Oscar, revived by the peanuts to a basic mental function, bathed in a public fountain, dried under the sun, and found a deli where he spoke to the butcher. They struck an agreement, and moved forward with Oscar retaining 51% owner of the new business the two men would create.
Meyer Fintzlebucketromg would package and distribute and Oscar Shleptocsmanx would procure, process and produce the Bologna.
The rest, as they say, is history.
How Bologna Helps You Sell Novels
I imagine you felt for a moment, if nothing else, entertained by my Oscar Meyer origin story.
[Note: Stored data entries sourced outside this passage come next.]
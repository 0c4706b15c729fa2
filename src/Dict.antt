-- ===== src/Dict.antt =====
-- A Python dictionary from names, in the order of insertion.
use durastream.Common.{
  ℕ, ◌≤◌, ◌<◌, ◌≡◌, refl, sym, ◌∙◌, subst, Bool-cases, if-false, Option, none, some, List, [], ◌∷◌,
  Text, if◌then◌else◌, if-true, inl, inr, arith,
}
use mathlib.Core.Option.{some-injective}
use durastream.Texts.{text_eq, text_eq_iff}

abbrev pub Dict : Type 0
Dict = List (Text × ℕ)

unfoldable pub lookup : Text → Dict → Option ℕ
lookup name [] = none
lookup name ((k, v) ∷ d) = let rest = lookup name d in if text_eq k name then some v else rest

unfoldable pub assign : Text → ℕ → Dict → Dict
assign name v [] = (name, v) ∷ []
assign name v ((k, u) ∷ d) =
    let rest = assign name v d in if text_eq k name then (k, v) ∷ d else (k, u) ∷ rest

unfoldable pub remove : Text → Dict → Dict
remove name [] = []
remove name ((k, v) ∷ d) =
    let rest = remove name d in if text_eq k name then rest else (k, v) ∷ rest

pub lookup-assign : (name : Text) (v : ℕ) (d : Dict) → lookup name (assign name v d) ≡ some v
unfolding lookup assign
lookup-assign name v [] = if-true _ _ ((text_eq_iff name name).1 refl)
lookup-assign name v ((k, u) ∷ d) = ground (arith, lookup-assign name v d)

pub lookup-remove : (name : Text) (d : Dict) → lookup name (remove name d) ≡ none
unfolding lookup remove
lookup-remove name [] = refl
lookup-remove name ((k, u) ∷ d) = ground (arith, lookup-remove name d)

-- every value is below `n`
abbrev pub Below : ℕ → Dict → Type 0
Below n [] = Unit {0}
Below n ((k, v) ∷ d) = (v < n) × Below n d

pub lookup-Below :
    (n : ℕ) (d : Dict) (name : Text) (v : ℕ) → Below n d → lookup name d ≡ some v → v < n
unfolding lookup
lookup-Below n [] name v b e = absurd (cc e)
lookup-Below n ((k, x) ∷ d) name v b e = ground (arith, lookup-Below n d name v b.1)

pub assign-Below :
    (n : ℕ) (d : Dict) (name : Text) (v : ℕ) → Below n d → v < n → Below n (assign name v d)
unfolding assign
assign-Below n [] name v b lt = (lt, tt)
assign-Below n ((k, x) ∷ d) name v b lt = elim (Bool-cases (text_eq k name)) [
  | inl a ↦ subst (Below n) (sym (if-true _ _ a)) (lt, b.1)
  | inr a ↦ subst (Below n) (sym (if-false _ _ a)) (b.0, assign-Below n d name v b.1 lt)
]

pub remove-Below : (n : ℕ) (d : Dict) (name : Text) → Below n d → Below n (remove name d)
unfolding remove
remove-Below n [] name b = tt
remove-Below n ((k, x) ∷ d) name b = elim (Bool-cases (text_eq k name)) [
  | inl a ↦ subst (Below n) (sym (if-true _ _ a)) (remove-Below n d name b.1)
  | inr a ↦ subst (Below n) (sym (if-false _ _ a)) (b.0, remove-Below n d name b.1)
]

pub Below-grow : (n m : ℕ) (d : Dict) → n ≤ m → Below n d → Below m d
Below-grow n m [] le b = tt
Below-grow n m ((k, x) ∷ d) le b = (omega (arith, b.0), Below-grow n m d le b.1)

-- every entry has a property
module _ {ℓ} (P : Text → ℕ → Type ℓ) where
  abbrev pub Entries : Dict → Type ℓ
  Entries [] = Unit {ℓ}
  Entries ((k, v) ∷ d) = P k v × Entries d

  pub lookup-Entries :
      (d : Dict) (name : Text) (v : ℕ) → Entries d → lookup name d ≡ some v → P name v
  unfolding lookup
  lookup-Entries [] name v h e = absurd (cc e)
  lookup-Entries ((k, x) ∷ d) name v h e = elim (Bool-cases (text_eq k name)) [
    | inl a ↦
        subst (P name) (some-injective x v (sym (if-true _ _ a) ∙ e))
          (subst (λ n. P n x) ((text_eq_iff k name).0 a) h.0)
    | inr a ↦ lookup-Entries d name v h.1 (sym (if-false _ _ a) ∙ e)
  ]

  pub assign-Entries :
      (d : Dict) (name : Text) (v : ℕ) → Entries d → P name v → Entries (assign name v d)
  unfolding assign
  assign-Entries [] name v h p = (p, tt)
  assign-Entries ((k, x) ∷ d) name v h p = elim (Bool-cases (text_eq k name)) [
    | inl a ↦
        subst Entries (sym (if-true _ _ a))
          (subst (λ n. P n v) (sym ((text_eq_iff k name).0 a)) p, h.1)
    | inr a ↦ subst Entries (sym (if-false _ _ a)) (h.0, assign-Entries d name v h.1 p)
  ]

module _ {ℓ} {P Q : Text → ℕ → Type ℓ} (f : (k : Text) (v : ℕ) → P k v → Q k v) where
  pub map-Entries : (d : Dict) → Entries P d → Entries Q d
  map-Entries [] h = tt
  map-Entries ((k, v) ∷ d) h = (f k v h.0, map-Entries d h.1)
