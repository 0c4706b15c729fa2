-- ===== src/Disk.antt =====
-- One open log file, as the operating system keeps it, and the calls of src/durastream/stream.py
-- that write to it. The system's answers to the calls are a list that is given: an answer is taken
-- for each call, and a call past the end of the list succeeds.
pub mod Laws
use durastream.Common.{
  ℕ, zero, suc, ◌-◌, ◌≡◌, List, [], ◌∷◌, ◌++◌, Bytes, length, take, drop, replicate,
}
use durastream.Errors.{Result, ok, err, os_error}
use durastream.Exec.{Exec}

-- `done`: the call does all that it was asked for. `short k`: a write takes `k` bytes at most, a read
-- returns `k + 1` at most; the other calls succeed. `fail`: the call raises an `OSError`.
pub data Answer : Type 0 where
  done fail : Answer
  short : ℕ → Answer

-- `durable` is the part of the file that is known to survive a crash of the machine.
pub record LogFile : Type 0 where
  pub bytes : Bytes
  pub durable : Bytes

pub record Disk : Type 0 where
  pub log : LogFile
  pub os : List Answer

-- The file is open for appending: what is written goes to its end.
abbrev pub extend : LogFile → Bytes → LogFile
extend f b = record f { bytes = f.bytes ++ b }

-- The loop of `_write_all`: write, and go on with what is left of the view.
unfoldable pub write_rounds : List Answer → Bytes → LogFile → Result (Unit {0}) × Disk
write_rounds [] view f = (ok tt, record { log = extend f view; os = [] })
write_rounds (answer ∷ os) [] f = (ok tt, record { log = f; os = answer ∷ os })
write_rounds (done ∷ os) (b ∷ view) f = (ok tt, record { log = extend f (b ∷ view); os = os })
write_rounds (fail ∷ os) (b ∷ view) f = (err os_error, record { log = f; os = os })
write_rounds (short k ∷ os) (b ∷ view) f =
    write_rounds os (drop k (b ∷ view)) (extend f (take k (b ∷ view)))

unfoldable pub write_all : Bytes → Exec Disk (Unit {0})
unfolding write_rounds
write_all view d = write_rounds d.os view d.log

abbrev answer_fsync : LogFile → List Answer → Result (Unit {0}) × Disk
answer_fsync f [] = (ok tt, record { log = record f { durable = f.bytes }; os = [] })
answer_fsync f (fail ∷ os) = (err os_error, record { log = f; os = os })
answer_fsync f (_ ∷ os) = (ok tt, record { log = record f { durable = f.bytes }; os = os })

-- `_fsync`: what the file holds is durable once the call has returned.
unfoldable pub fsync : Exec Disk (Unit {0})
fsync d = answer_fsync d.log d.os

-- A file that is cut at a length that it does not have grows by zeros.
abbrev pub cut : ℕ → LogFile → LogFile
cut n f = record {
  bytes = take n f.bytes ++ replicate (n - length f.bytes) 0;
  durable = take n f.durable;
}

abbrev answer_ftruncate : ℕ → LogFile → List Answer → Result (Unit {0}) × Disk
answer_ftruncate n f [] = (ok tt, record { log = cut n f; os = [] })
answer_ftruncate n f (fail ∷ os) = (err os_error, record { log = f; os = os })
answer_ftruncate n f (_ ∷ os) = (ok tt, record { log = cut n f; os = os })

unfoldable pub ftruncate : ℕ → Exec Disk (Unit {0})
ftruncate n d = answer_ftruncate n d.log d.os
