-- ===== src/Enums/Country/ToAlpha3.antt =====
-- `Country::to_alpha3` of crates/common_enums/src/transformers.rs.
use mercado.Enums.Country.Types.{Country, CountryAlpha3}

unfoldable pub to_alpha3 : Country → CountryAlpha3
to_alpha3 Country.afghanistan = CountryAlpha3.afg
to_alpha3 Country.aland_islands = CountryAlpha3.ala
to_alpha3 Country.albania = CountryAlpha3.alb
to_alpha3 Country.algeria = CountryAlpha3.dza
to_alpha3 Country.american_samoa = CountryAlpha3.asm
to_alpha3 Country.andorra = CountryAlpha3.and
to_alpha3 Country.angola = CountryAlpha3.ago
to_alpha3 Country.anguilla = CountryAlpha3.aia
to_alpha3 Country.antarctica = CountryAlpha3.ata
to_alpha3 Country.antigua_and_barbuda = CountryAlpha3.atg
to_alpha3 Country.argentina = CountryAlpha3.arg
to_alpha3 Country.armenia = CountryAlpha3.arm
to_alpha3 Country.aruba = CountryAlpha3.abw
to_alpha3 Country.australia = CountryAlpha3.aus
to_alpha3 Country.austria = CountryAlpha3.aut
to_alpha3 Country.azerbaijan = CountryAlpha3.aze
to_alpha3 Country.bahamas = CountryAlpha3.bhs
to_alpha3 Country.bahrain = CountryAlpha3.bhr
to_alpha3 Country.bangladesh = CountryAlpha3.bgd
to_alpha3 Country.barbados = CountryAlpha3.brb
to_alpha3 Country.belarus = CountryAlpha3.blr
to_alpha3 Country.belgium = CountryAlpha3.bel
to_alpha3 Country.belize = CountryAlpha3.blz
to_alpha3 Country.benin = CountryAlpha3.ben
to_alpha3 Country.bermuda = CountryAlpha3.bmu
to_alpha3 Country.bhutan = CountryAlpha3.btn
to_alpha3 Country.bolivia_plurinational_state = CountryAlpha3.bol
to_alpha3 Country.bonaire_sint_eustatius_and_saba = CountryAlpha3.bes
to_alpha3 Country.bosnia_and_herzegovina = CountryAlpha3.bih
to_alpha3 Country.botswana = CountryAlpha3.bwa
to_alpha3 Country.bouvet_island = CountryAlpha3.bvt
to_alpha3 Country.brazil = CountryAlpha3.bra
to_alpha3 Country.british_indian_ocean_territory = CountryAlpha3.iot
to_alpha3 Country.brunei_darussalam = CountryAlpha3.brn
to_alpha3 Country.bulgaria = CountryAlpha3.bgr
to_alpha3 Country.burkina_faso = CountryAlpha3.bfa
to_alpha3 Country.burundi = CountryAlpha3.bdi
to_alpha3 Country.cabo_verde = CountryAlpha3.cpv
to_alpha3 Country.cambodia = CountryAlpha3.khm
to_alpha3 Country.cameroon = CountryAlpha3.cmr
to_alpha3 Country.canada = CountryAlpha3.can
to_alpha3 Country.cayman_islands = CountryAlpha3.cym
to_alpha3 Country.central_african_republic = CountryAlpha3.caf
to_alpha3 Country.chad = CountryAlpha3.tcd
to_alpha3 Country.chile = CountryAlpha3.chl
to_alpha3 Country.china = CountryAlpha3.chn
to_alpha3 Country.christmas_island = CountryAlpha3.cxr
to_alpha3 Country.cocos_keeling_islands = CountryAlpha3.cck
to_alpha3 Country.colombia = CountryAlpha3.col
to_alpha3 Country.comoros = CountryAlpha3.«com»
to_alpha3 Country.congo = CountryAlpha3.cog
to_alpha3 Country.congo_democratic_republic = CountryAlpha3.cod
to_alpha3 Country.cook_islands = CountryAlpha3.cok
to_alpha3 Country.costa_rica = CountryAlpha3.cri
to_alpha3 Country.coted_ivoire = CountryAlpha3.civ
to_alpha3 Country.croatia = CountryAlpha3.hrv
to_alpha3 Country.cuba = CountryAlpha3.cub
to_alpha3 Country.curacao = CountryAlpha3.cuw
to_alpha3 Country.cyprus = CountryAlpha3.cyp
to_alpha3 Country.czechia = CountryAlpha3.cze
to_alpha3 Country.denmark = CountryAlpha3.dnk
to_alpha3 Country.djibouti = CountryAlpha3.dji
to_alpha3 Country.dominica = CountryAlpha3.dma
to_alpha3 Country.dominican_republic = CountryAlpha3.dom
to_alpha3 Country.ecuador = CountryAlpha3.ecu
to_alpha3 Country.egypt = CountryAlpha3.egy
to_alpha3 Country.el_salvador = CountryAlpha3.slv
to_alpha3 Country.equatorial_guinea = CountryAlpha3.gnq
to_alpha3 Country.eritrea = CountryAlpha3.eri
to_alpha3 Country.estonia = CountryAlpha3.est
to_alpha3 Country.ethiopia = CountryAlpha3.eth
to_alpha3 Country.falkland_islands_malvinas = CountryAlpha3.flk
to_alpha3 Country.faroe_islands = CountryAlpha3.fro
to_alpha3 Country.fiji = CountryAlpha3.fji
to_alpha3 Country.finland = CountryAlpha3.fin
to_alpha3 Country.france = CountryAlpha3.fra
to_alpha3 Country.french_guiana = CountryAlpha3.guf
to_alpha3 Country.french_polynesia = CountryAlpha3.pyf
to_alpha3 Country.french_southern_territories = CountryAlpha3.atf
to_alpha3 Country.gabon = CountryAlpha3.gab
to_alpha3 Country.gambia = CountryAlpha3.gmb
to_alpha3 Country.georgia = CountryAlpha3.geo
to_alpha3 Country.germany = CountryAlpha3.deu
to_alpha3 Country.ghana = CountryAlpha3.gha
to_alpha3 Country.gibraltar = CountryAlpha3.gib
to_alpha3 Country.greece = CountryAlpha3.grc
to_alpha3 Country.greenland = CountryAlpha3.grl
to_alpha3 Country.grenada = CountryAlpha3.grd
to_alpha3 Country.guadeloupe = CountryAlpha3.glp
to_alpha3 Country.guam = CountryAlpha3.gum
to_alpha3 Country.guatemala = CountryAlpha3.gtm
to_alpha3 Country.guernsey = CountryAlpha3.ggy
to_alpha3 Country.guinea = CountryAlpha3.gin
to_alpha3 Country.guinea_bissau = CountryAlpha3.gnb
to_alpha3 Country.guyana = CountryAlpha3.guy
to_alpha3 Country.haiti = CountryAlpha3.hti
to_alpha3 Country.heard_island_and_mc_donald_islands = CountryAlpha3.hmd
to_alpha3 Country.holy_see = CountryAlpha3.vat
to_alpha3 Country.honduras = CountryAlpha3.hnd
to_alpha3 Country.hong_kong = CountryAlpha3.hkg
to_alpha3 Country.hungary = CountryAlpha3.hun
to_alpha3 Country.iceland = CountryAlpha3.isl
to_alpha3 Country.india = CountryAlpha3.ind
to_alpha3 Country.indonesia = CountryAlpha3.idn
to_alpha3 Country.iran_islamic_republic = CountryAlpha3.irn
to_alpha3 Country.iraq = CountryAlpha3.irq
to_alpha3 Country.ireland = CountryAlpha3.irl
to_alpha3 Country.isle_of_man = CountryAlpha3.imn
to_alpha3 Country.israel = CountryAlpha3.isr
to_alpha3 Country.italy = CountryAlpha3.ita
to_alpha3 Country.jamaica = CountryAlpha3.jam
to_alpha3 Country.japan = CountryAlpha3.jpn
to_alpha3 Country.jersey = CountryAlpha3.jey
to_alpha3 Country.jordan = CountryAlpha3.jor
to_alpha3 Country.kazakhstan = CountryAlpha3.kaz
to_alpha3 Country.kenya = CountryAlpha3.ken
to_alpha3 Country.kiribati = CountryAlpha3.kir
to_alpha3 Country.korea_democratic_peoples_republic = CountryAlpha3.prk
to_alpha3 Country.korea_republic = CountryAlpha3.kor
to_alpha3 Country.kuwait = CountryAlpha3.kwt
to_alpha3 Country.kyrgyzstan = CountryAlpha3.kgz
to_alpha3 Country.lao_peoples_democratic_republic = CountryAlpha3.lao
to_alpha3 Country.latvia = CountryAlpha3.lva
to_alpha3 Country.lebanon = CountryAlpha3.lbn
to_alpha3 Country.lesotho = CountryAlpha3.lso
to_alpha3 Country.liberia = CountryAlpha3.lbr
to_alpha3 Country.libya = CountryAlpha3.lby
to_alpha3 Country.liechtenstein = CountryAlpha3.lie
to_alpha3 Country.lithuania = CountryAlpha3.ltu
to_alpha3 Country.luxembourg = CountryAlpha3.lux
to_alpha3 Country.macao = CountryAlpha3.mac
to_alpha3 Country.macedonia_the_former_yugoslav_republic = CountryAlpha3.mkd
to_alpha3 Country.madagascar = CountryAlpha3.mdg
to_alpha3 Country.malawi = CountryAlpha3.mwi
to_alpha3 Country.malaysia = CountryAlpha3.mys
to_alpha3 Country.maldives = CountryAlpha3.mdv
to_alpha3 Country.mali = CountryAlpha3.mli
to_alpha3 Country.malta = CountryAlpha3.mlt
to_alpha3 Country.marshall_islands = CountryAlpha3.mhl
to_alpha3 Country.martinique = CountryAlpha3.mtq
to_alpha3 Country.mauritania = CountryAlpha3.mrt
to_alpha3 Country.mauritius = CountryAlpha3.mus
to_alpha3 Country.mayotte = CountryAlpha3.myt
to_alpha3 Country.mexico = CountryAlpha3.mex
to_alpha3 Country.micronesia_federated_states = CountryAlpha3.fsm
to_alpha3 Country.moldova_republic = CountryAlpha3.mda
to_alpha3 Country.monaco = CountryAlpha3.mco
to_alpha3 Country.mongolia = CountryAlpha3.mng
to_alpha3 Country.montenegro = CountryAlpha3.mne
to_alpha3 Country.montserrat = CountryAlpha3.msr
to_alpha3 Country.morocco = CountryAlpha3.mar
to_alpha3 Country.mozambique = CountryAlpha3.moz
to_alpha3 Country.myanmar = CountryAlpha3.mmr
to_alpha3 Country.namibia = CountryAlpha3.nam
to_alpha3 Country.nauru = CountryAlpha3.nru
to_alpha3 Country.nepal = CountryAlpha3.npl
to_alpha3 Country.netherlands = CountryAlpha3.nld
to_alpha3 Country.new_caledonia = CountryAlpha3.ncl
to_alpha3 Country.new_zealand = CountryAlpha3.nzl
to_alpha3 Country.nicaragua = CountryAlpha3.nic
to_alpha3 Country.niger = CountryAlpha3.ner
to_alpha3 Country.nigeria = CountryAlpha3.nga
to_alpha3 Country.niue = CountryAlpha3.niu
to_alpha3 Country.norfolk_island = CountryAlpha3.nfk
to_alpha3 Country.northern_mariana_islands = CountryAlpha3.mnp
to_alpha3 Country.norway = CountryAlpha3.nor
to_alpha3 Country.oman = CountryAlpha3.omn
to_alpha3 Country.pakistan = CountryAlpha3.pak
to_alpha3 Country.palau = CountryAlpha3.plw
to_alpha3 Country.palestine_state = CountryAlpha3.pse
to_alpha3 Country.panama = CountryAlpha3.pan
to_alpha3 Country.papua_new_guinea = CountryAlpha3.png
to_alpha3 Country.paraguay = CountryAlpha3.pry
to_alpha3 Country.peru = CountryAlpha3.per
to_alpha3 Country.philippines = CountryAlpha3.phl
to_alpha3 Country.pitcairn = CountryAlpha3.pcn
to_alpha3 Country.poland = CountryAlpha3.pol
to_alpha3 Country.portugal = CountryAlpha3.prt
to_alpha3 Country.puerto_rico = CountryAlpha3.pri
to_alpha3 Country.qatar = CountryAlpha3.qat
to_alpha3 Country.reunion = CountryAlpha3.reu
to_alpha3 Country.romania = CountryAlpha3.rou
to_alpha3 Country.russian_federation = CountryAlpha3.rus
to_alpha3 Country.rwanda = CountryAlpha3.rwa
to_alpha3 Country.saint_barthelemy = CountryAlpha3.blm
to_alpha3 Country.saint_helena_ascension_and_tristanda_cunha = CountryAlpha3.shn
to_alpha3 Country.saint_kitts_and_nevis = CountryAlpha3.kna
to_alpha3 Country.saint_lucia = CountryAlpha3.lca
to_alpha3 Country.saint_martin_frenchpart = CountryAlpha3.maf
to_alpha3 Country.saint_pierre_and_miquelon = CountryAlpha3.spm
to_alpha3 Country.saint_vincent_and_the_grenadines = CountryAlpha3.vct
to_alpha3 Country.samoa = CountryAlpha3.wsm
to_alpha3 Country.san_marino = CountryAlpha3.smr
to_alpha3 Country.sao_tome_and_principe = CountryAlpha3.stp
to_alpha3 Country.saudi_arabia = CountryAlpha3.sau
to_alpha3 Country.senegal = CountryAlpha3.sen
to_alpha3 Country.serbia = CountryAlpha3.srb
to_alpha3 Country.seychelles = CountryAlpha3.syc
to_alpha3 Country.sierra_leone = CountryAlpha3.sle
to_alpha3 Country.singapore = CountryAlpha3.sgp
to_alpha3 Country.sint_maarten_dutchpart = CountryAlpha3.sxm
to_alpha3 Country.slovakia = CountryAlpha3.svk
to_alpha3 Country.slovenia = CountryAlpha3.svn
to_alpha3 Country.solomon_islands = CountryAlpha3.slb
to_alpha3 Country.somalia = CountryAlpha3.som
to_alpha3 Country.south_africa = CountryAlpha3.zaf
to_alpha3 Country.south_georgia_and_the_south_sandwich_islands = CountryAlpha3.sgs
to_alpha3 Country.south_sudan = CountryAlpha3.ssd
to_alpha3 Country.spain = CountryAlpha3.esp
to_alpha3 Country.sri_lanka = CountryAlpha3.lka
to_alpha3 Country.sudan = CountryAlpha3.sdn
to_alpha3 Country.suriname = CountryAlpha3.sur
to_alpha3 Country.svalbard_and_jan_mayen = CountryAlpha3.sjm
to_alpha3 Country.swaziland = CountryAlpha3.swz
to_alpha3 Country.sweden = CountryAlpha3.swe
to_alpha3 Country.switzerland = CountryAlpha3.che
to_alpha3 Country.syrian_arab_republic = CountryAlpha3.syr
to_alpha3 Country.taiwan_province_of_china = CountryAlpha3.twn
to_alpha3 Country.tajikistan = CountryAlpha3.tjk
to_alpha3 Country.tanzania_united_republic = CountryAlpha3.tza
to_alpha3 Country.thailand = CountryAlpha3.tha
to_alpha3 Country.timor_leste = CountryAlpha3.tls
to_alpha3 Country.togo = CountryAlpha3.tgo
to_alpha3 Country.tokelau = CountryAlpha3.tkl
to_alpha3 Country.tonga = CountryAlpha3.ton
to_alpha3 Country.trinidad_and_tobago = CountryAlpha3.tto
to_alpha3 Country.tunisia = CountryAlpha3.tun
to_alpha3 Country.turkey = CountryAlpha3.tur
to_alpha3 Country.turkmenistan = CountryAlpha3.tkm
to_alpha3 Country.turks_and_caicos_islands = CountryAlpha3.tca
to_alpha3 Country.tuvalu = CountryAlpha3.tuv
to_alpha3 Country.uganda = CountryAlpha3.uga
to_alpha3 Country.ukraine = CountryAlpha3.ukr
to_alpha3 Country.united_arab_emirates = CountryAlpha3.are
to_alpha3 Country.united_kingdom_of_great_britain_and_northern_ireland = CountryAlpha3.gbr
to_alpha3 Country.united_states_of_america = CountryAlpha3.usa
to_alpha3 Country.united_states_minor_outlying_islands = CountryAlpha3.umi
to_alpha3 Country.uruguay = CountryAlpha3.ury
to_alpha3 Country.uzbekistan = CountryAlpha3.uzb
to_alpha3 Country.vanuatu = CountryAlpha3.vut
to_alpha3 Country.venezuela_bolivarian_republic = CountryAlpha3.ven
to_alpha3 Country.vietnam = CountryAlpha3.vnm
to_alpha3 Country.virgin_islands_british = CountryAlpha3.vgb
to_alpha3 Country.virgin_islands_us = CountryAlpha3.vir
to_alpha3 Country.wallis_and_futuna = CountryAlpha3.wlf
to_alpha3 Country.western_sahara = CountryAlpha3.esh
to_alpha3 Country.yemen = CountryAlpha3.yem
to_alpha3 Country.zambia = CountryAlpha3.zmb
to_alpha3 Country.zimbabwe = CountryAlpha3.zwe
If I did my job correctly, you found yourself distracted from reading and immersed in humor and a smidge of suspense.
If I accomplished my goal, you unconsciously already have the key map and process for selling you book at the highest level, without me unpacking the points of the allegory.
I can share a few insights from the story though, since it can’t hurt.
Your story isn’t good until you’ve tried everything.
Your story is only good when it’s a product of alchemy, transforming rats and fish heads into culinary goodness.
Good stories sell.
Let’s linger there. Good stories sell.
Effort, energy, and repetition fail, until someone champions your work.
Champions come in unlikely places (and might not look like you expect).
The true equation for luck really is PREPARATION + TIMING x (OPPORTUNITY).
Asking everyone will hurt like hell, but if you shy from the vision, you might end up far from home…
You’re only a genius after the fact. If people call your marketing ideas stupid, you just might have a bolt of brilliance on you hands.